*** DATA RECORDS Section Begins ***

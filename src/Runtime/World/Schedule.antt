-- ===== src/Runtime/World/Schedule.antt =====
-- src/runtime.rs with src/scheduler/work_stealing.rs: the scheduler of a world does what the scheduler
-- alone does.
use runact.Prelude.{
  ℕ, suc, zero, ◌≡◌, ◌∙◌, refl, ap, sym, subst, inl, inr, true, Option, none, some, List, [], ◌∷◌,
  ◌++◌, length, length-append, append-nil, get_elem?, if_cases, arith,
}
use runact.Any.{Types, Any}
use runact.Channel.{Channels}
use runact.Actor.ActorId.{ActorId}
use runact.Actor.Error.{RuntimeError, Result, ok, err}
use runact.Scheduler.WorkStealing.{Scheduler}
use runact.Scheduler.WorkStealing
use runact.Runtime.{
  MessageEnvelope, ActorTask, Runtime, RuntimeConfig, with_config, find_sender, open_mailbox,
  insert_info, begin_shutdown,
}
use runact.Runtime
use runact.Runtime.World.{Actors, World, is_locked, spawned_loop, request_to}
use runact.Runtime.World
use runact.Runtime.World.Calls.{
  supervisor-SameWork, finish_shutdown-SameWork, taken_reply-SameWork, try_blocking-cases,
}
use runact.Runtime.World.Steps.{try_held, worker_turn}
use runact.Runtime.World.Events.{
  Event, spawns, supervises, sends_to, tries_blocking, requests_from, takes_reply, works,
  timer_fires, timer_tries, stops, clears, new, timer_begins, timer_fire, timer_sent, timer_try,
  clear, step, run,
}
use runact.Runtime.World.Moves.{
  is_inner, Moved, stays, acts, opens, WorldMoved, SameWork-Moved, send-Moved, request_from-Moved,
  try_held-Moved, worker_act-Moved,
}

module _ {u : Types} {ch : Channels (MessageEnvelope u)} {rch : Channels (Any u)}
    {A : Actors u} where
  spawn-Moved : (w : World ch rch A) (k : A.Kind) (s : A.State k) → WorldMoved w (World.spawn w k s)
  unfolding World.spawn spawned_loop Runtime.spawn open_mailbox insert_info
  spawn-Moved w k s =
      let P : Result ActorId RuntimeError × Runtime u ch rch → Type 0 =
        λ p. WorldMoved w (spawned_loop w k s p) in
      if_cases (WorldMoved w) (is_locked w) (λ _. stays)
        (λ _.
          if_cases P w.runtime.actors_poisoned (λ _. stays)
            (λ _.
              if_cases P w.runtime.senders_poisoned (λ _. stays)
                (λ _.
                  subst
                    (λ n. Moved (length w.runtime.mailboxes) w.runtime.scheduler n (
                      WorkStealing.spawn w.runtime.scheduler (record {
                        id = Runtime.next_id w.runtime;
                        mailbox = length w.runtime.mailboxes;
                      })))
                    (omega (
                      arith,
                      length-append w.runtime.mailboxes
                          (ch.bounded w.runtime.mailbox_capacity ∷ []),
                    ))
                    (opens _ refl))))

  timer_fire-Moved :
      (w : World ch rch A) (target : ActorId) (m : Any u) (o : Option (ℕ × MessageEnvelope u))
      → WorldMoved w (timer_fire w target m o)
  unfolding timer_fire timer_begins
  timer_fire-Moved w target m none =
      elim (find_sender w.runtime target) as (λ found. WorldMoved w (timer_begins w m found)) [
        | ok i ↦ stays
        | err e ↦ stays
      ]
  timer_fire-Moved w target m (some waiting) = stays

  timer_sent-Moved :
      (w : World ch rch A) (p : Option (Result (Unit {0}) RuntimeError) × World ch rch A)
      → WorldMoved w p.1
      → WorldMoved w (timer_sent p)
  unfolding timer_sent
  timer_sent-Moved w (none, w') h = h
  timer_sent-Moved w (some r, w') h = h

  timer_try-Moved :
      (w : World ch rch A) (o : Option (ℕ × MessageEnvelope u)) → WorldMoved w (timer_try w o)
  unfolding timer_try
  timer_try-Moved w none = stays
  timer_try-Moved w (some (i, e)) =
      let o = get_elem? w.runtime.mailboxes i in
      timer_sent-Moved w (try_held w i e o) (try_held-Moved w i e o)

  step-Moved : (w : World ch rch A) (e : Event A) → WorldMoved w (step w e)
  unfolding step World.send request_to clear worker_turn begin_shutdown
  step-Moved w (spawns k s) = spawn-Moved w k s
  step-Moved w (supervises strategy children) =
      SameWork-Moved (supervisor-SameWork w.runtime strategy children)
  step-Moved w (sends_to target m) = send-Moved w.runtime target m
  step-Moved w (tries_blocking target m) = elim (try_blocking-cases w target m) [
    | inl e ↦ subst (WorldMoved w) (sym e) stays
    | inr e ↦ subst (WorldMoved w) (sym e) (send-Moved w.runtime target m)
  ]
  step-Moved w (requests_from target m) = request_from-Moved w.runtime target m
  step-Moved w (takes_reply i) =
      SameWork-Moved (taken_reply-SameWork w.runtime i (get_elem? w.runtime.replies i))
  step-Moved w (works i answer) =
      worker_act-Moved w i answer (get_elem? w.runtime.scheduler.workers i)
  step-Moved w (timer_fires target m) = timer_fire-Moved w target m w.timer_sending
  step-Moved w timer_tries = timer_try-Moved w w.timer_sending
  step-Moved w stops = stays
  step-Moved w clears =
      if_cases (WorldMoved w) (is_locked w) (λ _. stays)
        (λ _. SameWork-Moved (finish_shutdown-SameWork w.runtime))

-- The mailboxes of the tasks that are spawned, in order, and the numbers below `n`.
abbrev pub opened_by : List (WorkStealing.Event ActorTask) → List ℕ
opened_by [] = []
opened_by (WorkStealing.spawns task ∷ ts) = task.mailbox ∷ opened_by ts
opened_by (e ∷ ts) = opened_by ts

abbrev pub numbers : ℕ → List ℕ
numbers zero = []
numbers (suc n) = numbers n ++ n ∷ []

-- A run of the scheduler alone, from `start`, that ends at `s` and has spawned one loop for each of
-- `n` mailboxes, in order.
pub record Schedule (start : Scheduler ActorTask) (n : ℕ) (s : Scheduler ActorTask) : Type 0 where
  pub events : List (WorkStealing.Event ActorTask)
  pub ends : WorkStealing.run start events ≡ s
  pub addresses : opened_by events ≡ numbers n

run-snoc :
    (s : Scheduler ActorTask) (ts : List (WorkStealing.Event ActorTask))
    (e : WorkStealing.Event ActorTask)
    → WorkStealing.run s (ts ++ e ∷ []) ≡ WorkStealing.step (WorkStealing.run s ts) e
unfolding WorkStealing.run
run-snoc s [] e = refl
run-snoc s (t ∷ ts) e = run-snoc (WorkStealing.step s t) ts e

opened_by-append :
    (ts rest : List (WorkStealing.Event ActorTask))
    → opened_by (ts ++ rest) ≡ opened_by ts ++ opened_by rest
opened_by-append [] rest = refl
opened_by-append (WorkStealing.spawns task ∷ ts) rest =
    ap (λ l. task.mailbox ∷ l) (opened_by-append ts rest)
opened_by-append (WorkStealing.turns i ∷ ts) rest = opened_by-append ts rest
opened_by-append (WorkStealing.panics i ∷ ts) rest = opened_by-append ts rest
opened_by-append (WorkStealing.stops ∷ ts) rest = opened_by-append ts rest

inner-opens_none : (e : WorkStealing.Event ActorTask) → is_inner e ≡ true → opened_by (e ∷ []) ≡ []
inner-opens_none (WorkStealing.spawns task) h = absurd (cc)
inner-opens_none (WorkStealing.turns i) h = refl
inner-opens_none (WorkStealing.panics i) h = refl
inner-opens_none WorkStealing.stops h = refl

Moved-Schedule :
    {start s s' : Scheduler ActorTask} {n n' : ℕ}
    → Schedule start n s
    → Moved n s n' s'
    → Schedule start n' s'
unfolding WorkStealing.step
Moved-Schedule c stays = c
Moved-Schedule {start} c (acts e inner) = record {
  events = c.events ++ e ∷ [];
  ends = run-snoc start c.events e ∙ ap (λ s. WorkStealing.step s e) c.ends;
  addresses =
      opened_by-append c.events (e ∷ [])
      ∙ ap (λ l. opened_by c.events ++ l) (inner-opens_none e inner)
      ∙ append-nil (opened_by c.events)
      ∙ c.addresses;
}
Moved-Schedule {start} {n = n} c (opens task at) = record {
  events = c.events ++ WorkStealing.spawns task ∷ [];
  ends =
      run-snoc start c.events (WorkStealing.spawns task)
      ∙ ap (λ s. WorkStealing.spawn s task) c.ends;
  addresses =
      opened_by-append c.events (WorkStealing.spawns task ∷ [])
      ∙ ap (λ l. l ++ task.mailbox ∷ []) c.addresses
      ∙ ap (λ m. numbers n ++ m ∷ []) at;
}

module _ {u : Types} {ch : Channels (MessageEnvelope u)} {rch : Channels (Any u)}
    {A : Actors u} where
  run_from-Schedule :
      (start : Scheduler ActorTask) (w : World ch rch A) (es : List (Event A))
      → Schedule start (length w.runtime.mailboxes) w.runtime.scheduler
      → let w' = run w es in Schedule start (length w'.runtime.mailboxes) w'.runtime.scheduler
  unfolding run
  run_from-Schedule start w [] c = c
  run_from-Schedule start w (e ∷ es) c =
      run_from-Schedule start (step w e) es (Moved-Schedule c (step-Moved w e))

-- In every interleaving of a world from a new runtime, the scheduler is where it would be after
-- some run of its own, without the actors, in which the tasks that are spawned are the loops of
-- the mailboxes 0, 1, 2 and so on, each once. So all that holds of every run of the scheduler holds of
-- the scheduler of a runtime.
pub run-Schedule :
    {u : Types} (ch : Channels (MessageEnvelope u)) (rch : Channels (Any u)) (A : Actors u)
    (num_workers : ℕ) (config : RuntimeConfig) (es : List (Event A))
    → let w = run (new {ch = ch} {rch = rch} num_workers config) es in
      Schedule (WorkStealing.new num_workers) (length w.runtime.mailboxes) w.runtime.scheduler
unfolding new with_config WorkStealing.run
run-Schedule ch rch A num_workers config es =
    run_from-Schedule (WorkStealing.new num_workers)
      (new {ch = ch} {rch = rch} {A = A} num_workers config) es
      (record { events = []; ends = refl; addresses = refl })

*** DATA RECORDS Section Ends ***

• **TASK STATEMENT**:
The required output is the stretch of entries above from the line containing "numbers (suc n) = numbers n ++ n ∷ []" through the line containing "(WorkStealing.run s ts) e", reproduced exactly.

• **ANSWER BOX**:
numbers (suc n) = numbers n ++ n ∷ []

-- A run of the scheduler alone, from `start`, that ends at `s` and has spawned one loop for each of
-- `n` mailboxes, in order.
pub record Schedule (start : Scheduler ActorTask) (n : ℕ) (s : Scheduler ActorTask) : Type 0 where
  pub events : List (WorkStealing.Event ActorTask)
  pub ends : WorkStealing.run start events ≡ s
  pub addresses : opened_by events ≡ numbers n

run-snoc :
    (s : Scheduler ActorTask) (ts : List (WorkStealing.Event ActorTask))
    (e : WorkStealing.Event ActorTask)
    → WorkStealing.run s (ts ++ e ∷ []) ≡ WorkStealing.step (WorkStealing.run s ts) e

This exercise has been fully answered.